Cerrad Czarni Radom odpadają w ćwierćfinale Pucharu Polski

W środowy wieczór (23 stycznia) Cerrad Czarni Radom w ramach 1/4 Pucharu Polski mierzyli się w hali MOSIR-u z Aluron Virtu Wartą Zawiercie. Stawką pojedynku był awans do półfinału krajowego pucharu. Lepsi po czterosetowej walce okazali się zawodnicy z Zawiercia i to oni pojadą na finałowy turniej we Wrocławiu.



Pojedynek w hali MOSiR-u zapowiadał się niezwykle interesująco. Aluron Virtu Warta Zawiercie stał przed szansą, by po raz pierwszy w swojej historii wywalczyć awans do turnieju finałowego Pucharu Polski. Fani Wojskowych oraz drużyna Cerrad Czarnych Radom, chciała z kolei nawiązać do zwycięstwa w pucharze Polski w 1999 roku i również zagrać w najlepszej czwórce krajowego pucharu.

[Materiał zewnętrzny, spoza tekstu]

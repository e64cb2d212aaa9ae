-- ===== src/Ledger/Charges.antt =====
-- Which disclosures a batch of events adds, as a relation between the tables before and after.
use codex_privacy_hud.Prelude.{
  ℕ, ◌+◌, Bool, true, false, not, ◌&&◌, ◌||◌, List, [], ◌∷◌, ◌++◌, any, ◌==◌, ==→eq, string_key,
  ltb, leb, is_some, ◌≡◌, refl, arith, Bool-cases, inl, inr, ◌⊎◌, ||-false, &&-true,
}
use codex_privacy_hud.Prelude.Results.{Result, returned, and_then-returned}
use codex_privacy_hud.Accounting.Vocabulary.{
  Boundary, DataType, DestinationKind, EventKind, data_type_key, boundary_key, event_kind_key,
}
use codex_privacy_hud.Accounting.Records.{OpaqueId, EventRecord}
use codex_privacy_hud.Checks.{chargeable}
use codex_privacy_hud.Ledger.Tables.{
  LedgerError, Profile, next_disclosure_delta, group_score, AccountedSession, DisclosureRow,
  is_open, is_pair, group_size,
}
use codex_privacy_hud.Ledger.Loop.{
  Progress, charge, record_event, record_events, add_disclosure, disclosure, add_event,
}

-- A disclosure that a session is charged, on top of those that it was charged before.
pub record IsCharge (s : AccountedSession) (before : List DisclosureRow) (d : DisclosureRow)
    : Type 0 where
  pub of_session : d.session_id ≡ s.session_id
  pub session_open : is_open s ≡ true
  pub new_pair : any (is_pair s.session_id d.subject_id d.recipient_id) before ≡ false
  pub to : DestinationKind
  pub crosses : (s.profile.destination_boundary to == Boundary.b0) ≡ false
  pub priced :
      d.budget_delta
        + group_score s.profile d.charged_data_type to
            (group_size s.session_id d.charged_data_type d.recipient_id before)
      ≡ group_score s.profile d.charged_data_type to
          (group_size s.session_id d.charged_data_type d.recipient_id before + 1)
  pub numbered : d.group_n ≡ group_size s.session_id d.charged_data_type d.recipient_id before + 1

pub data Charges (s : AccountedSession) (ds : List DisclosureRow) (t : List ℕ)
    : List DisclosureRow → List ℕ → Type 0 where
  done : Charges s ds t ds t
  more :
      {es : List DisclosureRow} {u : List ℕ}
      → Charges s ds t es u
      → (d : DisclosureRow) → IsCharge s es d
      → Charges s ds t (es ++ d ∷ []) (u ++ d.budget_delta ∷ [])

pub Charges-trans :
    {s : AccountedSession} {ds : List DisclosureRow} {t : List ℕ} {es : List DisclosureRow}
    {u : List ℕ} {fs : List DisclosureRow} {v : List ℕ}
    → Charges s ds t es u
    → Charges s es u fs v
    → Charges s ds t fs v
Charges-trans c Charges.done = c
Charges-trans c (Charges.more e d i) = Charges.more (Charges-trans c e) d i

-- Two states of the loop, of which the second has the charges of the first and more.
ChargesTo : AccountedSession → Progress → Progress → Type 0
ChargesTo s p q = Charges s p.db.disclosures p.deltas q.db.disclosures q.deltas

pub returned_inj :
    {A : Type 0} {a b : A} → Path (Result LedgerError A) (returned a) (returned b) → a ≡ b
returned_inj h = cc

delta_facts :
    (p : Profile) (dt : DataType) (to : DestinationKind) (n delta : ℕ)
    → next_disclosure_delta p dt to n ≡ returned delta
    → delta + group_score p dt to n ≡ group_score p dt to (n + 1)
unfolding next_disclosure_delta
delta_facts p dt to n delta h =
    elim (Bool-cases (
      ltb (group_score p dt to n) p.storable_limit
      && ltb (group_score p dt to (n + 1)) p.storable_limit
      && leb (group_score p dt to n) (group_score p dt to (n + 1)))) [
        | inl fits ↦
            let same = returned_inj (rw fits at h) in
            let up =
              &&-true
                (ltb (group_score p dt to n) p.storable_limit
                  && ltb (group_score p dt to (n + 1)) p.storable_limit)
                (leb (group_score p dt to n) (group_score p dt to (n + 1))) fits in
            ground (arith, same, up.1)
        | inr out ↦ cc (rw out at h)
      ]

remote_and_agreed :
    (a b c d f g : Bool)
    → (a && b && not c && d && f && g) ≡ true
    → (c ≡ false) × (d ≡ true) × (g ≡ true)
remote_and_agreed a b c d f g h = ground arith

chargeable_crosses :
    (e : EventRecord) (profile : DestinationKind → Boundary)
    → chargeable e profile ≡ true
    → ((profile e.recipient.destination_kind == Boundary.b0) ≡ false)
      × (is_some e.recipient.identity_hash ≡ true)
unfolding chargeable
chargeable_crosses e profile h =
    let (remote, agreed, identified) =
      remote_and_agreed (e.kind == EventKind.exposed) e.evidence.crossing_confirmed
        (e.boundary == Boundary.b0) (e.boundary == profile e.recipient.destination_kind)
        (is_some e.subject.identity_hash) (is_some e.recipient.identity_hash) h in
    (rw (← ==→eq e.boundary (profile e.recipient.destination_kind) agreed) remote, identified)

-- A row that is written, and the state that it leads to
pub record Charged (s : AccountedSession) (subject_id recipient_id : OpaqueId) (e : EventRecord)
    (p q : Progress) : Type 0 where
  pub delta : ℕ
  pub lawful :
      IsCharge s p.db.disclosures
        (disclosure s.session_id subject_id recipient_id e.data_type p delta)
  pub to_recipient : lawful.to ≡ e.recipient.destination_kind
  pub identified : is_some e.recipient.identity_hash ≡ true
  pub added :
      add_disclosure (disclosure s.session_id subject_id recipient_id e.data_type p delta) p ≡ q

pub charge_cases :
    (s : AccountedSession) (subject_id recipient_id : OpaqueId) (e : EventRecord) (p q : Progress)
    → charge s subject_id recipient_id e p ≡ returned q
    → (p ≡ q) ⊎ Charged s subject_id recipient_id e p q
unfolding charge
charge_cases s subject_id recipient_id e p q h =
    let free = not (is_open s && chargeable e s.profile.destination_boundary) in
    let old = any (is_pair s.session_id subject_id recipient_id) p.db.disclosures in
    elim (Bool-cases (free || old)) [
      | inl nothing ↦ inl (returned_inj (rw nothing at h))
      | inr due ↦
          let (owed, new) = ||-false free old due in
          let (open_now, may) =
            &&-true (is_open s) (chargeable e s.profile.destination_boundary)
              (ground (arith, owed)) in
          let (remote, identified) = chargeable_crosses e s.profile.destination_boundary may in
          let (delta, price, made) = and_then-returned _ _ q (rw due at h) in
          inr (record {
            delta = delta;
            lawful = record {
              of_session = refl;
              session_open = open_now;
              new_pair = new;
              to = e.recipient.destination_kind;
              crosses = remote;
              priced = delta_facts s.profile e.data_type e.recipient.destination_kind _ delta price;
              numbered = refl;
            };
            to_recipient = refl;
            identified = identified;
            added = returned_inj made;
          })
    ]

charge-Charges :
    (s : AccountedSession) (subject_id recipient_id : OpaqueId) (e : EventRecord) (p q : Progress)
    → charge s subject_id recipient_id e p ≡ returned q
    → ChargesTo s p q
unfolding ChargesTo add_disclosure
charge-Charges s subject_id recipient_id e p q h =
    elim (charge_cases s subject_id recipient_id e p q h) [
      | inl same ↦ rw (← same) Charges.done
      | inr c ↦ rw (← c.added) (Charges.more Charges.done _ c.lawful)
    ]

module _ (uuid : ℕ → OpaqueId) where
  record_event-Charges :
      (s : AccountedSession) (observation_id : OpaqueId) (e : EventRecord) (p q : Progress)
      → record_event uuid s observation_id e p ≡ returned q
      → ChargesTo s p q
  unfolding record_event ChargesTo add_event
  record_event-Charges s observation_id e p q h = charge-Charges s _ _ e _ q h

  record_events-Charges :
      (s : AccountedSession) (observation_id : OpaqueId) (es : List EventRecord) (p q : Progress)
      → record_events uuid s observation_id es p ≡ returned q
      → ChargesTo s p q
  unfolding record_events ChargesTo
  record_events-Charges s observation_id [] p q h =
      let same : p ≡ q = returned_inj h in rw (← same) Charges.done
  record_events-Charges s observation_id (e ∷ es) p q h =
      let (mid, first, rest) = and_then-returned _ _ q h in
      Charges-trans (record_event-Charges s observation_id e p mid first)
        (record_events-Charges s observation_id es mid q rest)

  -- The same, with the tables written out
  pub Charges-record_events :
      (s : AccountedSession) (observation_id : OpaqueId) (es : List EventRecord) (p q : Progress)
      → record_events uuid s observation_id es p ≡ returned q
      → Charges s p.db.disclosures p.deltas q.db.disclosures q.deltas
  unfolding ChargesTo
  Charges-record_events = record_events-Charges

Starcie rozpoczęło się od wyrównanej walki. Jako pierwsi na minimalne prowadzenie w premierowej partii wyszli gospodarze, którzy po skutecznym ataku Wojtka Żalińskiego i punktowym bloku na Alexandre Ferreira, objęli prowadzenie (10:8). W kolejnych wymianach goście zaczęli coraz lepiej radzić sobie w polu serwisowym. Przy wyniku (17:17), Wojskowi stracili cztery punkty w jednym ustawieniu. Wszystko za sprawą Alexandra Ferreira, który popisywał się bardzo mocnymi zagrywkami. Cerrad Czarni Radom nie zdołali nawiązać już walki i musieli zaznać porażki w pierwszej partii 25:18.

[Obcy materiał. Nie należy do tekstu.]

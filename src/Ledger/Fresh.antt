-- ===== src/Ledger/Fresh.antt =====
-- The identifiers that the tables of src/privacy_hud/ledger.py hold: those of the observations are ones
-- that were drawn, and those of the first events are ones that were given.
use codex_privacy_hud.Prelude.{
  ℕ, ◌+◌, ◌≤◌, String, Bool, true, false, ◌&&◌, Option, none, some, List, [], ◌∷◌, ◌++◌, any,
  any-append, all, length, length-append, leb, ◌==◌, string_key, nat_key, Comparable, pair_key, ◌≡◌,
  refl, arith, inl, inr, ==→eq, Bool-cases, &&-true,
}
use codex_privacy_hud.Accounting.Records.{OpaqueId}
use codex_privacy_hud.Ledger.Tables.{DisclosureRow, EventRow}
use codex_privacy_hud.Ledger.Identities.{Known, Descriptor, identity_id, settle, add_identity}

-- An identity takes at most one identifier.
pub settle-drawn :
    {K : Type 0} ⦃key : Comparable K⦄ (k : Option OpaqueId) (sid : String) (oid : OpaqueId)
    (d : Descriptor K) (fresh : OpaqueId) (known : Known K)
    → known.drawn ≤ (settle k sid oid d fresh known).0.drawn
unfolding settle add_identity
settle-drawn (some old) sid oid d fresh known = omega arith
settle-drawn none sid oid d fresh known = omega arith

pub identity_id-drawn :
    {K : Type 0} ⦃key : Comparable K⦄ (uuid : ℕ → OpaqueId) (sid : String) (oid : OpaqueId)
    (d : Descriptor K) (known : Known K)
    → known.drawn ≤ (identity_id uuid sid oid d known).0.drawn
unfolding identity_id
identity_id-drawn uuid sid oid d known = settle-drawn _ sid oid d _ known

unfoldable pub Bounded : List EventRow → List DisclosureRow → Type 0
Bounded events ds = all (λ d. leb d.first_event_id (length events)) ds ≡ true

pub all-append :
    {A : Type 0} (p : A → Bool) (xs ys : List A) → all p (xs ++ ys) ≡ (all p xs && all p ys)
unfolding all
all-append p [] ys = refl
all-append p (x ∷ xs) ys = ground (arith, all-append p xs ys)

pub Bounded-event :
    (events : List EventRow) (e : EventRow) (ds : List DisclosureRow)
    → Bounded events ds
    → Bounded (events ++ e ∷ []) ds
unfolding Bounded all
Bounded-event events e [] h = refl
Bounded-event events e (d ∷ ds) h =
    let (one, rest) =
      &&-true (leb d.first_event_id (length events))
        (all (λ x. leb x.first_event_id (length events)) ds) h in
    let ih = Bounded-event events e ds rest in
    rw (ih, length-append events (e ∷ [])) (ground (arith, one))

pub Bounded-disclosure :
    (events : List EventRow) (d : DisclosureRow) (ds : List DisclosureRow)
    → d.first_event_id ≡ length events
    → Bounded events ds
    → Bounded events (ds ++ d ∷ [])
unfolding Bounded all
Bounded-disclosure events d ds at_last h =
    rw (all-append (λ x. leb x.first_event_id (length events)) ds (d ∷ []), h, at_last)
      (ground arith)

module _ (uuid : ℕ → OpaqueId) where
  -- No event belongs to an observation whose identifier is still to be drawn.
  unfoldable pub Unused : ℕ → List EventRow → Type 0
  Unused drawn events = (j : ℕ) → drawn ≤ j → any (λ e. e.observation_id == uuid j) events ≡ false

  unfoldable pub Spent : ℕ → OpaqueId → Type 0
  Spent drawn observation_id = (j : ℕ) → drawn ≤ j → (observation_id == uuid j) ≡ false

  pub Unused-event :
      (drawn : ℕ) (events : List EventRow) (e : EventRow)
      → Spent drawn e.observation_id
      → Unused drawn events
      → Unused drawn (events ++ e ∷ [])
  unfolding Unused Spent any
  Unused-event drawn events e spent h j above =
      rw (any-append (λ x. x.observation_id == uuid j) events (e ∷ []), h j above, spent j above)
        refl

  pub Unused-later : (n m : ℕ) (events : List EventRow) → n ≤ m → Unused n events → Unused m events
  unfolding Unused
  Unused-later n m events le h j above = h j (omega (arith, le, above))

  pub Spent-later : (n m : ℕ) (id : OpaqueId) → n ≤ m → Spent n id → Spent m id
  unfolding Spent
  Spent-later n m id le h j above = h j (omega (arith, le, above))

  pub Spent-uuid : ((i j : ℕ) → uuid i ≡ uuid j → i ≡ j) → (n : ℕ) → Spent (n + 1) (uuid n)
  unfolding Spent
  Spent-uuid inj n j above = elim (Bool-cases (uuid n == uuid j)) [
    | inl same ↦ let eq = inj n j (==→eq (uuid n) (uuid j) same) in grind (arith, eq, above)
    | inr other ↦ other
  ]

Drugi set lepiej rozpoczął się dla Aluronu. Podopieczni Roberta Prygla po dość prostych, własnych błędach stracili trzy punkty w jednym ustawieniu i to goście objęli prowadzenie (10:7). Po stornie drużyny z Zawiercia coraz częściej punktowali w ataku Marcin Waliński oraz Grzegorz Bociek, którzy wyrastali na liderów swojego zespołu. Po stronie Cerrad Czarnych Radom z kolei Dejan Vincić najwięcej piłek posyłał do Tomka Fornala i Michała Filipa. Zawiercianie w końcówce seta znów mieli kilka punktów przewagi (19:16). Przy stanie (19:17) dla Aluronu, gospodarze znów stracili punkty seriami. Warta ponownie nie marnowała swoich kontrataków, a po bloku na Maksimie Zhigalovie, goście wyszli na prowadzenie (22:17). Set zakończył się wynikiem 25:19 dla Aluronu.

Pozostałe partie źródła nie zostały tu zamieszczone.